** Opening DATA EXTRACTS block **

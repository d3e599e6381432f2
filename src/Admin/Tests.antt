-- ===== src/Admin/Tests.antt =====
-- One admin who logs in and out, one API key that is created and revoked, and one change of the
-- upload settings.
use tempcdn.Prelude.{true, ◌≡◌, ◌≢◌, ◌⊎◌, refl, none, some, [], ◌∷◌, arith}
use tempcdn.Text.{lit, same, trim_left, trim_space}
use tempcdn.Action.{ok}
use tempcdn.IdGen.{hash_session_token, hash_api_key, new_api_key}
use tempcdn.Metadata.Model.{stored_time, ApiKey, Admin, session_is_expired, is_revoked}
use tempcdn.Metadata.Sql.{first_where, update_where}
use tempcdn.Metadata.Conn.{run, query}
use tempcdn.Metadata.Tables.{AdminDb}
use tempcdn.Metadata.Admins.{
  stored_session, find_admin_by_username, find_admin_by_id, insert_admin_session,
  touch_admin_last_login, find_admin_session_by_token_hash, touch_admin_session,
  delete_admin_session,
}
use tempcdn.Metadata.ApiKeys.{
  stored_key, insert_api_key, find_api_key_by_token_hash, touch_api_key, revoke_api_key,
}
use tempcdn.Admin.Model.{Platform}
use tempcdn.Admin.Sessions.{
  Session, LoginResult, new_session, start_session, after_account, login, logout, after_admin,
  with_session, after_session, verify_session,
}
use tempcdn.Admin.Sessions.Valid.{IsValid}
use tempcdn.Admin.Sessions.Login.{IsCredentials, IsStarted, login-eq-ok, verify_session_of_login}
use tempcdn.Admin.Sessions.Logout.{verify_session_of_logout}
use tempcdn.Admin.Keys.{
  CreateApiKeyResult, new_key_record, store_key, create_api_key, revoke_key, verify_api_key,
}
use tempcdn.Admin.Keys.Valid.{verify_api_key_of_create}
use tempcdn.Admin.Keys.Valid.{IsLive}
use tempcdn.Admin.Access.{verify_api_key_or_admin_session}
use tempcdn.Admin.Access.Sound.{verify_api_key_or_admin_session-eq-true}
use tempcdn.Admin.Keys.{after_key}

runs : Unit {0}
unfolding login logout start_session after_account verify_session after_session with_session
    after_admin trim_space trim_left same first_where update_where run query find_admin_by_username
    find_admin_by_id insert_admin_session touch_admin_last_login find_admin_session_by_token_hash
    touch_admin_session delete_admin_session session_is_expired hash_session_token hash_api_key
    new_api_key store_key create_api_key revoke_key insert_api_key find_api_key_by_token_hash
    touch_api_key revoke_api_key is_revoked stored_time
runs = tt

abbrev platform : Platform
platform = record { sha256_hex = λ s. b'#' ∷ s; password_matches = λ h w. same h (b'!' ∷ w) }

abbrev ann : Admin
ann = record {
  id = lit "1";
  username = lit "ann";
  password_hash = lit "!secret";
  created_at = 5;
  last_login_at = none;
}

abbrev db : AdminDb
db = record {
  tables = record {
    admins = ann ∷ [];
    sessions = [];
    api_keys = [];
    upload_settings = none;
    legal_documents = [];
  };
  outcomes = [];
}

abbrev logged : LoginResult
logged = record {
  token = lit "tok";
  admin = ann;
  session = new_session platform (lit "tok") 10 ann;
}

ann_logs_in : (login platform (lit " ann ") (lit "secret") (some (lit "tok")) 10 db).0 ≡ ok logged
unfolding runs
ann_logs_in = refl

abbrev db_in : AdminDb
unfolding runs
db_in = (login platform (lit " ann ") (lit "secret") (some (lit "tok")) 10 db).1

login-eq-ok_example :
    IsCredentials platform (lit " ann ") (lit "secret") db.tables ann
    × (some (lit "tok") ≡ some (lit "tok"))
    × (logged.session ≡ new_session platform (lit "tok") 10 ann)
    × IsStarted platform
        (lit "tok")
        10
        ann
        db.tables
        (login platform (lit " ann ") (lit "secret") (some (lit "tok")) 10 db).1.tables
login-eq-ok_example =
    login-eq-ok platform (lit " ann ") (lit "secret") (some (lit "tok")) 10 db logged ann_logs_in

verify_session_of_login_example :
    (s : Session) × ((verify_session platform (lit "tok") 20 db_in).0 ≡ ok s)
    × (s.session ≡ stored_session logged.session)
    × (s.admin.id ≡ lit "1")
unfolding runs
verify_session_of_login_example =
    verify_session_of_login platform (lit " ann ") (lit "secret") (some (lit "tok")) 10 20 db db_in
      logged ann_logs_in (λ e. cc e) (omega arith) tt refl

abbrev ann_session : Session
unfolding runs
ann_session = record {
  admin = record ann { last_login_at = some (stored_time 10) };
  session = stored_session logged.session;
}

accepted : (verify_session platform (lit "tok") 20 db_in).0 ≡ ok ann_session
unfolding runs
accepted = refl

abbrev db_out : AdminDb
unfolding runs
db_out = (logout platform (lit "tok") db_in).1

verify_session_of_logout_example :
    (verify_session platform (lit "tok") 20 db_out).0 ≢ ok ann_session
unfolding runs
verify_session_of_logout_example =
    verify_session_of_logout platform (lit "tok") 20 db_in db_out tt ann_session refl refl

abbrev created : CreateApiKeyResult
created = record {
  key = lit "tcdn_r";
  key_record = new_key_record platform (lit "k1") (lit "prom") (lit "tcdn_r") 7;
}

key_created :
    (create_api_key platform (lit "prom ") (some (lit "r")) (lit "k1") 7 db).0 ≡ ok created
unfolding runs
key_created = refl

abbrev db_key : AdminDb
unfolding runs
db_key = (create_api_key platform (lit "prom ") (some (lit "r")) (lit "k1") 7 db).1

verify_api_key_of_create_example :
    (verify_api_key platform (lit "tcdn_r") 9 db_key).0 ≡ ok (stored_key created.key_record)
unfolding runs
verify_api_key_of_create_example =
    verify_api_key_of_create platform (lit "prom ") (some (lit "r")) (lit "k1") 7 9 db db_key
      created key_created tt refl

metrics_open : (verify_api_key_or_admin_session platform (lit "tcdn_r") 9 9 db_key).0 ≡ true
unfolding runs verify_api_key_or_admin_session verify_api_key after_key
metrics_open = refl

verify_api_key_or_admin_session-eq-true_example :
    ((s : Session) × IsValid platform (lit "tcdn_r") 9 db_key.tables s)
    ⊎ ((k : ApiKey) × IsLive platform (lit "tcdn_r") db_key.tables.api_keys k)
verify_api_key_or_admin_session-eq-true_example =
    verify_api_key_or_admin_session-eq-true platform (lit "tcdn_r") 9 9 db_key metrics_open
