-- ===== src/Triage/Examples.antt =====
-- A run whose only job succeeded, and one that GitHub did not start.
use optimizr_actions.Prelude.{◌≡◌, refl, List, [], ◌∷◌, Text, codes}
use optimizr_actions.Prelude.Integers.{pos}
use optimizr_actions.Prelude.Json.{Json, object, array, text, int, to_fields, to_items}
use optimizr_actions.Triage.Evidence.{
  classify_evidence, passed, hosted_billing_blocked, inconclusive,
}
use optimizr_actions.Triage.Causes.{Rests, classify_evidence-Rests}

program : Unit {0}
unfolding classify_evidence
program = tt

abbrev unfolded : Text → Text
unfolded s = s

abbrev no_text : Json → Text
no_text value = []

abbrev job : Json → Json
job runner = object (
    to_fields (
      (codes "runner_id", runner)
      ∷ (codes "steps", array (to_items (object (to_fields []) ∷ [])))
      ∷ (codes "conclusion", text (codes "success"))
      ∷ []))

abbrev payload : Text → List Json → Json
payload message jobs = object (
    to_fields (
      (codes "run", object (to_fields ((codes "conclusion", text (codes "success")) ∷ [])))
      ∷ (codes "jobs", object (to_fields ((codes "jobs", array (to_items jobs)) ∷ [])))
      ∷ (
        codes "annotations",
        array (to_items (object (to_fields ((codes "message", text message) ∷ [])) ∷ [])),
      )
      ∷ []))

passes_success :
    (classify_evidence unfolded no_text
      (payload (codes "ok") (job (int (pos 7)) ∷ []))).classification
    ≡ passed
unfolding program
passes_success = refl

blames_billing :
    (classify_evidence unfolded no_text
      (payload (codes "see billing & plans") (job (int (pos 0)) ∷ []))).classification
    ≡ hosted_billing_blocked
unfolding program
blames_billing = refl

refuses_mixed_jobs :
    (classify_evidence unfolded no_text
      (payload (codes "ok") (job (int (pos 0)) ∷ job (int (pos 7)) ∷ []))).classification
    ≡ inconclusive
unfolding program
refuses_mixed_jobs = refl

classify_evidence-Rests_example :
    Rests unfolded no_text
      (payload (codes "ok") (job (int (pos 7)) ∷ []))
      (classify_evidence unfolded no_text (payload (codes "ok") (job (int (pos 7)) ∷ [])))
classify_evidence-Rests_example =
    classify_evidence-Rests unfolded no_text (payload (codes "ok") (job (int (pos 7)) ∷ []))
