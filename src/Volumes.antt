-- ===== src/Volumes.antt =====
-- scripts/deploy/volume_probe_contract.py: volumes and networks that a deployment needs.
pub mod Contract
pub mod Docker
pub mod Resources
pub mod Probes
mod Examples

** Closing DATA EXTRACTS block **

> [ACTION ITEM]:
Return each line of the data where the word "filename" appears.

> [TASK RESPONSE]:
filename src/Admin/Tests.antt
filename src/Volumes.antt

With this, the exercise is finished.